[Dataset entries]

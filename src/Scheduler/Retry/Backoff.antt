-- ===== src/Scheduler/Retry/Backoff.antt =====
-- workload_control.go: retryBackoff against its closed form, and when its int64 wraps.
use persys_cloud.Prelude.{
  ℕ, zero, suc, ◌+◌, ◌-◌, ◌*◌, ◌%◌, ◌^◌, ◌≤◌, ◌<◌, ◌≡◌, refl, ltb, if◌then◌else◌, arith,
}
use persys_cloud.Scheduler.Retry.{second, two_minutes, word, doubled, retry_backoff, add_duration}

-- Doubling without the wrap.
unfoldable pub times_power : ℕ → ℕ → ℕ
times_power zero d = d
times_power (suc n) d = times_power n (d * 2)

times_power-le : (n d : ℕ) → d ≤ times_power n d
unfolding times_power
times_power-le zero d = omega arith
times_power-le (suc n) d = grind (arith, times_power-le n (d * 2))

-- Below 2^64 nothing wraps.
doubled-times_power : (n d : ℕ) → times_power n d < word → doubled n d ≡ times_power n d
unfolding times_power doubled
doubled-times_power zero d h = refl
doubled-times_power (suc n) d h =
    let no_wrap : d * 2 % word ≡ d * 2 = omega (arith, times_power-le n (d * 2)) in
    rw no_wrap (doubled-times_power n (d * 2) h)

times_power_mono : (n m d : ℕ) → n ≤ m → times_power n d ≤ times_power m d
unfolding times_power
times_power_mono zero m d h = times_power-le m d
times_power_mono (suc n) zero d h = absurd (omega arith)
times_power_mono (suc n) (suc m) d h = times_power_mono n m (d * 2) (omega arith)

-- Thirty doublings of five seconds stay below 2^63 nanoseconds.
times_power-lt : (n : ℕ) → n ≤ 30 → times_power n (5 * second) < 2 ^ 63
times_power-lt n h =
    let top : times_power 30 (5 * second) ≡ 5368709120000000000 = unfold times_power in refl in
    omega (arith, top, times_power_mono n 30 (5 * second) h)

-- Up to 33 attempts, the wait before the next one is nothing below the third attempt; from there on
-- it is five seconds doubled with every further attempt, at most two minutes.
pub retry_backoff-times_power :
    (n : ℕ)
    → n ≤ 33
    → retry_backoff n ≡ (
        if ltb n 3
        then 0
        else if ltb two_minutes (times_power (n - 3) (5 * second))
        then two_minutes
        else times_power (n - 3) (5 * second))
unfolding retry_backoff
retry_backoff-times_power n h =
    let small = times_power-lt (n - 3) (omega arith) in
    rw (doubled-times_power (n - 3) (5 * second) (omega (arith, small))) (ground (arith, small))

-- The same wait is at most two minutes, so that the next attempt is neither before now nor later.
pub retry_backoff_bounds :
    (n now : ℕ)
    → n ≤ 33
    → now ≤ add_duration now (retry_backoff n)
      × add_duration now (retry_backoff n) ≤ now + two_minutes
unfolding add_duration
retry_backoff_bounds n now h = rw (retry_backoff-times_power n h) (
  ground (arith, times_power-lt (n - 3) (omega arith)),
  ground (arith, times_power-lt (n - 3) (omega arith)),
)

### Instructions for the task
Copy out the lines of the records above in which the string "nothing" appears.

### Exercise result
-- Below 2^64 nothing wraps.
-- Up to 33 attempts, the wait before the next one is nothing below the third attempt; from there on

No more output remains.